Три персонажа в поисках любви и бессмертия | страница 95



Прошло однако недели две, а то и более, маркиз исправно оплатил обещанное, работа в печатне продвигалась, а аббата вдова не видела. Только изредка под ее окнами раздавался привычный собачий лай, и пролетала как ни в чем не бывало длиннополая фигура, преследуемая ватагой пацанов. Гости к вдове сходились по-прежнему. Господин Тибо и маркиз упражнялись в красноречии. Пионы отцвели. Черешня поспела. Все шло, как положено. Разве что епископ в один из вечеров взялся вдруг зачем-то сипловато-скучным голосом комментировать историю Элоизы и Абеляра и рассуждать о том, каковое представление имеет церковь о законности и о грехе. Вдова его слушала внимательно.

– Что ж, никакой нет возможности, чтобы грех прощен был? – спросил епископа Тибо несколько вызывающе.
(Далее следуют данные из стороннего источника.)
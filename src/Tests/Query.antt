-- ===== src/Tests/Query.antt =====
-- The executors of src/execution on small tables.
use dbgenerality_rucbase.Base.{
  ◌≡◌, ◌↔◌, refl, Bool, true, false, List, [], ◌∷◌, ◌++◌, some, ltb, arith, pos, negsuc,
}
use dbgenerality_rucbase.Record.Bitmap.{is_set}
use dbgenerality_rucbase.Record.Scan.{begin_scan}
use dbgenerality_rucbase.Record.Scan.Places.{places, walk, walk-begin_scan}
use dbgenerality_rucbase.Query.Result.{Result, ok, throws, assertion_failed}
use dbgenerality_rucbase.Query.Cursor.{Row, Executor, Yields, ended, gives, Restarts}
use dbgenerality_rucbase.Query.Value.{op_gt, init_raw}
use dbgenerality_rucbase.Query.Value.Bytes.{bytes_of_int, small, minus}
use dbgenerality_rucbase.Query.Eval.{get_col, eval_cond, eval_conds}
use dbgenerality_rucbase.Query.Eval.Ints.{Holds, eval_cond-Holds}
use dbgenerality_rucbase.Query.SeqScan.{seq_scan}
use dbgenerality_rucbase.Query.SeqScan.Selected.{selected, seq_scan-selected}
use dbgenerality_rucbase.Query.Join.{join}
use dbgenerality_rucbase.Query.Join.Product.{product, join-product, join-assertion_failed}
use dbgenerality_rucbase.Query.Projection.{Chosen}
use dbgenerality_rucbase.Tests.Tables.{
  no_floats, col_a, col_b, tab, row_1, row_2, two_rows, a_of, over_1_checked,
}

walk-begin_scan_example : walk 3 two_rows (begin_scan two_rows) ≡ some (places two_rows 1 1 0)
unfolding places is_set
walk-begin_scan_example = walk-begin_scan 3 two_rows (omega arith) (omega arith)

eval_cond-Holds_example :
    (r : Bool) × (eval_cond no_floats tab.cols ([] ++ (bytes_of_int (negsuc 4) ++ [])) (record {
      lhs_col = a_of "t";
      op = op_gt;
      is_rhs_val = true;
      rhs_col = a_of "";
      rhs_val = over_1_checked.rhs_val;
    })
      ≡ ok r)
    × ((r ≡ true) ↔ Holds op_gt (negsuc 4) (pos 1))
unfolding init_raw get_col
eval_cond-Holds_example =
    eval_cond-Holds no_floats tab.cols [] [] (col_a "t") (a_of "t") (a_of "") op_gt (negsuc 4)
      (pos 1) over_1_checked.rhs_val (minus (omega arith)) (small (omega arith)) refl refl refl refl

-- An executor that gives the records of a list from the start.
abbrev rows_of : List Row → Executor (List Row)
rows_of rows = record {
  begin_tuple = λ s. ok rows;
  next_tuple = λ s. elim s [ [] ↦ throws assertion_failed | r ∷ rs ↦ ok rs ];
  is_end = λ s. elim s [ [] ↦ true | r ∷ rs ↦ false ];
  fetch = λ s. elim s [ [] ↦ throws assertion_failed | r ∷ rs ↦ ok r ];
}

Yields-rows_of : (all rows : List Row) → Yields (rows_of all) rows rows
Yields-rows_of all [] = ended refl
Yields-rows_of all (r ∷ rs) = gives refl refl refl (Yields-rows_of all rs)

Restarts-rows_of : (rows : List Row) → Restarts (rows_of rows) rows
Restarts-rows_of rows s = (rows, refl, Yields-rows_of rows rows)

abbrev first_less : Row → Row → Result Bool
first_less (x ∷ xs) (y ∷ ys) = ok (ltb x y)
first_less _ _ = ok false

abbrev left_rows : List Row
left_rows = row_1 ∷ row_2 ∷ []

join-product_example :
    Restarts (join (rows_of left_rows) (rows_of left_rows) first_less 5) ((row_1 ++ row_2) ∷ [])
unfolding product
join-product_example =
    join-product (rows_of left_rows) (rows_of left_rows) first_less left_rows
      (Restarts-rows_of left_rows) (λ e. absurd (cc e)) 5 left_rows ((row_1 ++ row_2) ∷ [])
      (Restarts-rows_of left_rows) (omega arith) refl

join-assertion_failed_example :
    (join (rows_of left_rows) (rows_of []) first_less 3).begin_tuple ([], [])
    ≡ throws assertion_failed
join-assertion_failed_example =
    join-assertion_failed (rows_of left_rows) (rows_of []) first_less 3 [] left_rows [] [] refl refl
      refl refl asserts (omega arith)
  where
    asserts :
        (s : List Row)
        → (rows_of []).is_end s ≡ true
        → (rows_of []).fetch s ≡ throws assertion_failed
    asserts [] e = refl
    asserts (r ∷ rs) e = absurd (cc e)

seq_scan-selected_example :
    Restarts
      (seq_scan two_rows (eval_conds no_floats tab.cols (over_1_checked ∷ [])) 3)
      (row_2 ∷ [])
unfolding places selected eval_conds is_set
seq_scan-selected_example =
    seq_scan-selected two_rows (eval_conds no_floats tab.cols (over_1_checked ∷ [])) 3 (row_2 ∷ [])
      (omega arith) (omega arith) refl

abbrev b_chosen : List Chosen
b_chosen = record { prev_idx = 1; col = record (col_b "t") { offset = pos 0 } } ∷ []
– Есть, – ответил тот. – Имеются три диспозиции, по причине которых грешник будет признан в глазах Церкви невиновным, будь он даже, по закону человеческому, преступником. Эти три резона таковы: во-первых, неведение, во-вторых, страх и, в третьих, несвобода. Эти мотивы, извиняющие грех, основываются на положении святого Августина, закрепленном Каноном, а именно, что грех есть акт свободного выбора и воли. А стало быть, нет греха там, где нет свободы. И святой Фома Аквинский это подтверждает, что-де дурной поступок остается дурным, но если совершен он невольно, то грехом в церковном смысле не является. Разумеется, незнание, по тому же Фоме, может быть актом свободной воли. Можно ведь предпочесть не знать, с тем чтобы знание не помешало грешить. Такое незнание греха не извиняет. А только тогда извиняет, когда человек не знает чего-то такого, чего знать он отнюдь никак не может. Что, конечно, к Абеляру никак не относится. А потому был он великий грешник, но и мученик, а под конец жизни сподобился святости.
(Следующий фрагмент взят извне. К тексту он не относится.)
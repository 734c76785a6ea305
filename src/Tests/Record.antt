-- ===== src/Tests/Record.antt =====
-- A record file of src/record with slots of 100 bytes.
use dbgenerality_rucbase.Base.{
  ◌+◌, ◌/◌, ◌<◌, ◌≤◌, ◌≡◌, refl, true, false, ◌&&◌, [], ◌∷◌, none, if◌then◌else◌, ◌==◌, take, arith,
  pos,
}
use dbgenerality_rucbase.Record.Bitmap.{Bytes, set, first_bit, next_bit}
use dbgenerality_rucbase.Record.Layout.{
  RmFileHdr, new_header, page_size, get_slot, create_file, records_per_page, create_file-get_slot,
}
use dbgenerality_rucbase.Record.File.{
  RmFile, zeros, insert_into, insert_into-place, is_record, get_record, delete_record,
  update_record, delete_record-is_record,
}

-- Bit 0 is set.
abbrev one_bit : Bytes
one_bit = set 0 (λ i k. false)

abbrev hdr : RmFileHdr
hdr = new_header 100

create_file-get_slot_example :
    (get_slot hdr 7 + 100 ≤ page_size)
    × (get_slot hdr 6 + 100 ≤ get_slot hdr 7)
    × (7 / 8 < hdr.bitmap_size)
unfolding create_file
create_file-get_slot_example = create_file-get_slot 100 6 7 hdr refl (omega arith) (omega arith)

abbrev one_record : RmFile
one_record = record {
  file_hdr = hdr;
  pages = λ q. record {
    next_free_page_no = none;
    num_records = pos 1;
    bitmap = one_bit;
    slots = λ s. zeros 100;
  };
  new_page_no = 2;
}

insert_into-place_example :
    ((insert_into (5 ∷ []) 1 one_record).0 ≡ (1, 1))
    × (is_record 1 1 one_record ≡ false)
    × (is_record 1 1 (insert_into (5 ∷ []) 1 one_record).1
        ≡ (if 1 == 1 && 1 == 1 then true else is_record 1 1 one_record))
    × (get_record 1 1 (insert_into (5 ∷ []) 1 one_record).1
        ≡ (if 1 == 1 && 1 == 1 then take 100 (5 ∷ []) else get_record 1 1 one_record))
unfolding next_bit set records_per_page first_bit
insert_into-place_example = insert_into-place (5 ∷ []) 1 1 1 one_record (omega arith)

delete_record-is_record_example :
    (is_record 1 0 (delete_record 1 0 one_record)
      ≡ (if 1 == 1 && 0 == 0 then false else is_record 1 0 one_record))
    × (get_record 1 0 (update_record 1 0 (7 ∷ []) one_record)
        ≡ (if 1 == 1 && 0 == 0 then take 100 (7 ∷ []) else get_record 1 0 one_record))
delete_record-is_record_example = delete_record-is_record 1 1 0 0 (7 ∷ []) one_record

abbrev empty_file : RmFile
empty_file = record {
  file_hdr = record hdr { num_pages = 2; num_records_per_page = 3 };
  pages = λ q. record {
    next_free_page_no = none;
    num_records = pos 0;
    bitmap = λ i k. false;
    slots = λ s. zeros 100;
  };
  new_page_no = 2;
}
Зачем епископ об этом распространялся, вдове было неведомо. Обыкновенно он ее гостей такими опытами не утомлял.

Между тем встал перед Туанеттой вопрос, без решения которого ей продвигаться в ее работе по изданию «Современного органиста» стало невозможно. Дело заключалось в том, что некоторые пьесы в рукописи были так плотно написаны, что близрасположенные ноты почти сливались, и гравировать их было затруднительно. Это давало повод вдове зайти в собор и поговорить с аббатом. Она долго колебалась, но в конце концов решила послать офортиста. Тот вернулся с ответом: гравировать все, как в рукописи указано. Такое сжатое письмо было, мол, исполнено намеренно, для тех, кому ноты переворачивать некому. А таким манером вся пьеса на одном листе умещалась. Вдова тогда решила такие партитуры на специальной бумаге большого формата гравировать и в сборник их в сложенном виде вставлять; и работа снова закипела.